Low frequency - conventional - SCS (LF-SCS) is applied in frequencies ranging from 30 to 60 Hertz (Hz) and the subject feels paraesthesias in the painful area, which is considered the ideal situation. Recently, LF-SCS has been challenged by the development of stimulation modes at higher frequencies which provide pain relief at sub-perception threshold, i.e. without paraesthesias. A recent case series reported that High Frequency Spinal Cord Stimulation (HF-SCS) appears to show better pain relief for both back and limb pain in comparison to LF-SCS, and also to be effective in some subjects who did not respond to LF-SCS.

Objective:

The primary objective of this trial is to compare pain suppression in two groups of subjects with chronic unilateral limb pain as a result of FBSS .

Study design:

A prospective, double blind (subject, physician, statistician), multi-centre, randomized, crossover trial of SCS in the treatment of subjects with refractory neuropathic leg pain after back surgery.

Study population:

Patients with chronic neuropathic refractory unilateral leg pain

Intervention:

Patients will undergo neurostimulation with low and high frequency parameters, the order in which they receive treatment will be randomized

Main study endpoint:

Pain suppression in the short and long-term (24 days and 12 months)

Nature and extent of the burden and risks associated with participation, benefit and group relatedness:

Both methods of stimulation are standard clinical practice performed routinely in the study centres, both groups will receive this standard care. The only difference is change of stimulation frequency and the order in which it is applied.

Possible benefit to the subject is that both forms of stimulation will be evaluated. This may lead to a better quality of life in the HF-SCS Group as result of pain relief without paraesthesias. Furthermore, non-responders to LF-SCS may benefit from HF-SCS.

Study Type

Interventional

Enrollment (Actual)

30

Phase

  • Not Applicable

Contacts and Locations

This section provides the contact details for those conducting the study, and information on where this study is being conducted.

Study Locations

    • Gelderland
      • Velp, Gelderland, Netherlands, 883 AZ
        • Rijnstate Hospital
    • North Holland
      • Alkmaar, North Holland, Netherlands, 1815 JD
        • Medisch Centrum Alkmaar
      • Amsterdam, North Holland, Netherlands, 1105 AZ
        • Academic Medical Center
    • South Holland
      • Leiderdorp, South Holland, Netherlands, 2353 GA
        • Alrijne Hospital
    • Utrecht
      • Zeist, Utrecht, Netherlands, 3700 BA
        • Diakonessenhuis

Participation Criteria

Researchers look for people who fit a certain description, called eligibility criteria. Some examples of these criteria are a person's general health condition or prior treatments.

Eligibility Criteria

Ages Eligible for Study

16 years to 68 years (Adult, Older Adult)

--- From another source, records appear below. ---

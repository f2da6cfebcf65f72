-- ===== src/Cli/Method/Endpoint.antt =====
-- The number that the command line calls is the one that the server's table has for the method.
use mathlib.Core.List.{Permᴰ}
use serialrpc.Base.{
  ℕ, zero, suc, ◌+◌, ◌%◌, ◌^◌, ◌<◌, ◌≤◌, ◌≡◌, refl, sym, ap, subst, ◌∙◌, if◌then◌else◌, ltb, lt→ltb,
  le→ltb, true, false, Bool-cases, inl, inr, some, List, [], ◌∷◌, ◌++◌, length, get_elem?, All,
  arith,
}
use serialrpc.Io.{Bytes}
use serialrpc.Client.Hello.{same_bytes}
use serialrpc.Server.Dispatch.{Service}
use serialrpc.Server.Dispatch.Table.{endpoints, endpoints-cons}
use serialrpc.Cli.Method.{
  ListedMethod, ListedService, find_target, count_before, found_in, find_method,
}

-- The methods with a smaller ID.
abbrev smaller : ℕ → List ListedMethod → ℕ
smaller target [] = 0
smaller target (method ∷ methods) = (if ltb method.id target then 1 else 0) + smaller target methods

smaller_le : (target : ℕ) (methods : List ListedMethod) → smaller target methods ≤ length methods
smaller_le target [] = omega arith
smaller_le target (method ∷ methods) = let le = smaller_le target methods in ground (arith, le)

count_before_lem :
    (target : ℕ) (methods : List ListedMethod) (n : ℕ)
    → n + length methods < 2 ^ 32
    → count_before target methods n ≡ n + smaller target methods
unfolding count_before
count_before_lem target [] n lt = omega arith
count_before_lem target (method ∷ methods) n lt = elim (Bool-cases (ltb method.id target)) [
  | inl less ↦
      let small : (n + 1) % 2 ^ 32 ≡ n + 1 = omega arith in
      rw (less, small, count_before)
        (count_before_lem target methods (n + 1) (omega arith) ∙ omega arith)
  | inr more ↦
      rw (more, count_before) (count_before_lem target methods n (omega arith) ∙ omega arith)
]

smaller-Permᴰ :
    (target : ℕ) {xs ys : List ListedMethod} → Permᴰ xs ys → smaller target xs ≡ smaller target ys
smaller-Permᴰ target Permᴰ.nil = refl
smaller-Permᴰ target (Permᴰ.cons {a = a} {b = b} e p) =
    let rest = smaller-Permᴰ target p in
    let same : a.id ≡ b.id = ap (λ (m : ListedMethod). m.id) e in rw (rest, same) refl
smaller-Permᴰ target (Permᴰ.swap {a = a} {b = b} {a' = a'} {b' = b'} e f) =
    let first : a.id ≡ b'.id = ap (λ (m : ListedMethod). m.id) e in
    let second : b.id ≡ a'.id = ap (λ (m : ListedMethod). m.id) f in
    rw (first, second) (omega arith)
smaller-Permᴰ target (Permᴰ.trans p q) = smaller-Permᴰ target p ∙ smaller-Permᴰ target q

-- The order of the generator's table: by ID, and no two alike.
abbrev pub Ascending : List ListedMethod → Type 0
Ascending [] = Unit {0}
Ascending (method ∷ methods) = All (λ m. method.id < m.id) methods × Ascending methods

smaller_above :
    (x : ℕ) (methods : List ListedMethod) → All (λ m. x < m.id) methods → smaller x methods ≡ 0
smaller_above x [] h = refl
smaller_above x (method ∷ methods) (lt, h) =
    rw (le→ltb method.id x (omega arith), smaller_above x methods h) refl

All-get {ℓ κ} :
    {A : Type ℓ} (P : A → Type κ) (xs : List A) (i : ℕ) (x : A)
    → All P xs
    → get_elem? xs i ≡ some x
    → P x
All-get P [] i x h e = absurd cc
All-get P (y ∷ ys) zero x (p, h) e = let same : y ≡ x = cc in subst P same p
All-get P (y ∷ ys) (suc i) x (p, h) e = All-get P ys i x h e

smaller_at :
    (table : List ListedMethod) (k : ℕ) (target : ListedMethod)
    → Ascending table
    → get_elem? table k ≡ some target
    → smaller target.id table ≡ k
smaller_at [] k target h e = absurd cc
smaller_at (method ∷ methods) zero target (above, h) e =
    let same : method ≡ target = cc in
    let same_id : method.id ≡ target.id = ap (λ (m : ListedMethod). m.id) same in
    let first : smaller method.id (method ∷ methods) ≡ 0 =
      rw (le→ltb method.id method.id (omega arith), smaller_above method.id methods above) refl in
    ap (λ (x : ℕ). smaller x (method ∷ methods)) (sym same_id) ∙ first
smaller_at (method ∷ methods) (suc k) target (above, h) e =
    let less = All-get (λ m. method.id < m.id) methods k target above e in
    rw (lt→ltb method.id target.id less, smaller_at methods k target h e) (omega arith)

-- A place in the table is no greater than the number of the methods.
pub place_within :
    (methods table : List ListedMethod) (k : ℕ) (target : ListedMethod)
    → Permᴰ methods table
    → Ascending table
    → get_elem? table k ≡ some target
    → k ≤ length methods
place_within methods table k target order ascending at =
    let place = smaller-Permᴰ target.id order ∙ smaller_at table k target ascending at in
    omega (arith, place, smaller_le target.id methods)

module _ {S : Type 0} where
  -- The listing has as many methods for each service as its table has entries.
  abbrev pub Lists : List (Service S) → List ListedService → Type 0
  Lists [] [] = Unit {0}
  Lists [] (listed ∷ rest) = ⊥
  Lists (service ∷ services) [] = ⊥
  Lists (service ∷ services) (listed ∷ rest) =
      (length listed.methods ≡ length service.dispatch_table) × Lists services rest

  skipped :
      (service_name method_name : Bytes) (before : List (Service S))
      (listed rest : List ListedService) (n : ℕ)
      → Lists before listed
      → All (λ s. same_bytes s.name service_name ≡ false) listed
      → n + endpoints before < 2 ^ 32
      → find_method service_name method_name n (listed ++ rest)
        ≡ find_method service_name method_name (n + endpoints before) rest
  unfolding find_method
  skipped service_name method_name [] [] rest n h others lt =
      ap (λ (k : ℕ). find_method service_name method_name k rest) (omega arith)
  skipped service_name method_name [] (listed ∷ more) rest n h others lt = absurd h
  skipped service_name method_name (service ∷ before) [] rest n h others lt = absurd h
  skipped service_name method_name (service ∷ before) (listed ∷ more) rest n (same, h)
        (other, others) lt =
      let split = endpoints-cons service before in
      let moved : (n + length listed.methods % 2 ^ 32) % 2 ^ 32
          ≡ n + length service.dispatch_table =
        omega (arith, same, split) in
      rw (other, moved, find_method)
        (skipped service_name method_name before more rest (n + length service.dispatch_table) h
            others (omega (arith, split))
          ∙ ap (λ (k : ℕ). find_method service_name method_name k rest) (omega (arith, split)))

  -- A listing names every service before one, the first with the name, with as many methods as the
  -- server's table has for it. A method of the service, the first with its name, that is entry `k` of
  -- its table, in which the methods stand by ascending ID, gets the number that the server gives to that
  -- entry, if the endpoints up to the service's last are fewer than 2^32 - 1: one more than the endpoints
  -- in front and `k`.
  pub find_method-numbers :
      (service_name method_name : Bytes) (before : List (Service S))
      (listed after : List ListedService) (service : ListedService) (table : List ListedMethod)
      (k : ℕ) (target : ListedMethod)
      → Lists before listed
      → All (λ s. same_bytes s.name service_name ≡ false) listed
      → same_bytes service.name service_name ≡ true
      → find_target method_name service.methods ≡ some target
      → Permᴰ service.methods table
      → Ascending table
      → get_elem? table k ≡ some target
      → endpoints before + length service.methods + 1 < 2 ^ 32
      → find_method service_name method_name 1 (listed ++ service ∷ after)
        ≡ some (endpoints before + k + 1, service, target)
  unfolding find_method found_in
  find_method-numbers service_name method_name before listed after service table k target h others
        named found order ascending at lt =
      let numbered =
        count_before_lem target.id service.methods (1 + endpoints before) (omega arith) in
      let place = smaller-Permᴰ target.id order ∙ smaller_at table k target ascending at in
      let number : count_before target.id service.methods (1 + endpoints before)
          ≡ endpoints before + k + 1 =
        omega (arith, numbered, place) in
      skipped service_name method_name before listed (service ∷ after) 1 h others (omega arith)
      ∙ rw (named, found, number, found_in) refl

Accepts Healthy Volunteers

No

Genders Eligible for Study

All

Description

Inclusion Criteria:

  • Male/female, 18 years to 70 years
  • Chronic, persistent, refractory, unilateral neuropathic limb pain, as a result of spinal surgery
  • Failed conservative treatments for chronic pain including but not limited to pharmacological therapy, physical therapy and minimally interventional pain procedures for chronic pain
  • Pain radiating in the leg, following segments L4 and/or L5 and/or S1 for at least 6 months
  • Minimum baseline pain intensity as assessed by VAS of ≥ 50mm on 100mm scale in the primary pain area
  • Subject is able and willing to provide informed consent
  • Subject is able and willing to comply with the protocol and follow-up schedule
  • Subject has been included for implantation according to standard criteria from the Dutch Neuromodulation Society

Exclusion Criteria:

  • Back pain component of more than 20% or VAS > 40mm on 100mm scale
  • Bilateral limb pain
  • Subjects with a previous SCS implantation.
  • Changes in pain medication in the 2 months preceding the trial period;
  • Expected inability of subjects to correctly operate the neurostimulation system
  • Presence of any other clinically significant or disabling chronic pain condition -eg. hip arthrosis, rheumatoid arthritis, fibromyalgia, etc.
  • History of coagulation disorders, lupus erythematosus, diabetes mellitus, or morbus Bechterew
  • Symptoms or proof of any malignant disease
  • Current use of medicines affecting coagulation which cannot be temporarily stopped
  • Evidence of an active disruptive psychiatric disorder or other known condition significant enough to impact the perception of pain, compliance to intervention and/or ability to evaluate treatment outcome as determined by the investigator
  • Life expectancy of less than 1 year
  • Existing or planned pregnancy in the trial period
  • BMI >20 and <35 - a minimum and maximum BMI limit are imposed due to the technical difficulties and risk of complications in underweight or morbidly obese subjects.

Study Plan

This section provides details of the study plan, including how the study is designed and what the study is measuring.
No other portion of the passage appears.